# my NEW horsey!!!



## kitten_Val (Apr 25, 2007)

Nice horse. Does he gait? He looks like foxtrotter or twh to me...


----------



## duquessa (Aug 9, 2007)

no he doesn't gait, its strange because some people say he moves like a mustang and some say a gaited breed (TWH, standardbred etc)
i live in the UK so i doubt he's anything _too_ flashy lol xx


----------



## mustang (Aug 17, 2007)

He is nice, I have a mustang mare who looks alot like him. She is from the Oregon desert...


----------



## alucard (Dec 8, 2006)

I love the roman nose! Very pretty head. Soft eyes.
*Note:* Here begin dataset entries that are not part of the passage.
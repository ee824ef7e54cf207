-- ===== src/Examples/StreamRuns.antt =====
-- The streams of internal/storage: a segment that is read, and an upload in the same process.
use tritontube.Base.{
  lit, [], ◌∷◌, ◌++◌, ◌≡◌, refl, pos, none, some, map, ℕ, List, length, any, true, false, ◌≤◌, inl,
}
use tritontube.Cluster.{empty_manager}
use tritontube.Storage.Types.{
  SegmentLocator, UploadSegmentHeader, UploadSegmentRequest, header_payload, chunk_payload,
  get_header, get_commit, GetSegmentRequest, read_failed, err,
}
use tritontube.Storage.Upload.{Environment, Service, message, upload_segment, check_header}
use tritontube.Storage.Segments.{
  Reader, read, last, Sent, get_segment, get_segment_lem, chunks, eofs, bytes_of, end_of,
}
use tritontube.Storage.Stream.{invoke_over_stream, invoke_over_stream_returns}

abbrev pub locator : SegmentLocator
locator = record { bucket = lit "b"; object = lit "o" }

abbrev pub request : GetSegmentRequest
request = record { locator = some locator; offset = pos 0; length = pos 0 }

-- A file in three reads, of which one gives nothing and the last gives an error with its bytes.
abbrev reader : Reader
reader = read (lit "ab") (read [] (last (lit "c") (some (lit "disk"))))

get_segment_example :
    let s : Sent = get_segment (λ n. none) (some request) (λ bucket object. inl reader) in
    (chunks s.0 ≡ lit "abc") × (eofs s.0 ≡ 0) × (s.1 ≡ err (read_failed (lit "disk")))
unfolding bytes_of end_of
get_segment_example = get_segment_lem request locator reader refl

abbrev pub header : UploadSegmentHeader
header = record {
  segment_id = lit "s";
  locator = some locator;
  content_type = [];
  size_bytes = pos 3;
  checksum = [];
  attributes = [];
  s3_bucket = [];
  s3_key = [];
}

abbrev pub service : Service Unit
service = record {
  node_id = lit "n";
  ring = empty_manager (lit "/c") (pos 1);
  metadata = none;
  replication_factor = pos 3;
}

abbrev pub env : Environment
env = record {
  transport = λ id header payload. none;
  s3 = λ bucket key payload. none;
  sha1 = λ s. s;
  hex_sha256 = λ s. s;
  full_path = λ bucket object. bucket ++ object;
  calls = record {
    mkdir_all = none;
    create = none;
    copy = none;
    sync = none;
    close = none;
    rename = none;
    remove = none;
  };
  send_error = none;
}

abbrev uncommitted : List UploadSegmentRequest
uncommitted = chunk_payload (lit "new") ∷ []

invoke_over_stream_returns_example :
    ((fuel : ℕ)
      → length uncommitted ≤ fuel
      → any get_commit uncommitted ≡ true
      → invoke_over_stream env service fuel (header_payload (some header) ∷ uncommitted) [] tt
        ≡ some (
            upload_segment env service
              (map message (header_payload (some header) ∷ uncommitted))
              []
              tt))
    × ((fuel : ℕ)
        → any get_commit uncommitted ≡ false
        → invoke_over_stream env service fuel (header_payload (some header) ∷ uncommitted) [] tt
          ≡ none)
unfolding check_header get_header
invoke_over_stream_returns_example =
    invoke_over_stream_returns env service (header_payload (some header)) uncommitted
      (record { header = header; locator = locator }) [] tt refl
Very nice looking horse! 8)


----------



## *Bobbi Socks* (Aug 18, 2007)

Hes a pretty boy!
I love the roman nose too!
He looks well behaved. When he gets all the muscle tone back,
hes going to be a very stocky horse, if you say he was wastage.
Anyway hes beautiful!

-Bobbi


----------



## bee (Jul 31, 2007)

he is gorgeous...my fav is the 2nd pic. :lol:


----------



## fuadteagan (Jun 10, 2010)

he looks sorta like a part morgan


----------



## sandhillsgage (Jan 16, 2011)

He is Stunning!! Looks like he is a picture poser.


----------



## tinyliny (Oct 31, 2009)

I think he looks Mustang. He has a faint feeling of a Spanish horse.


----------



## Belle (Dec 28, 2010)

He has gorgeous eyes. 
I love the 4th picture.
Good luck with him..


----------



## RitzieAnn (Dec 22, 2010)

Cutie! Love the forelock!

Are those spots on his butt? Or stains? They are unique


----------



## ButtInTheDirt (Jan 16, 2011)

That's a gorgeous horse! I see I'm not the only one who loves that roman nose. <3


----------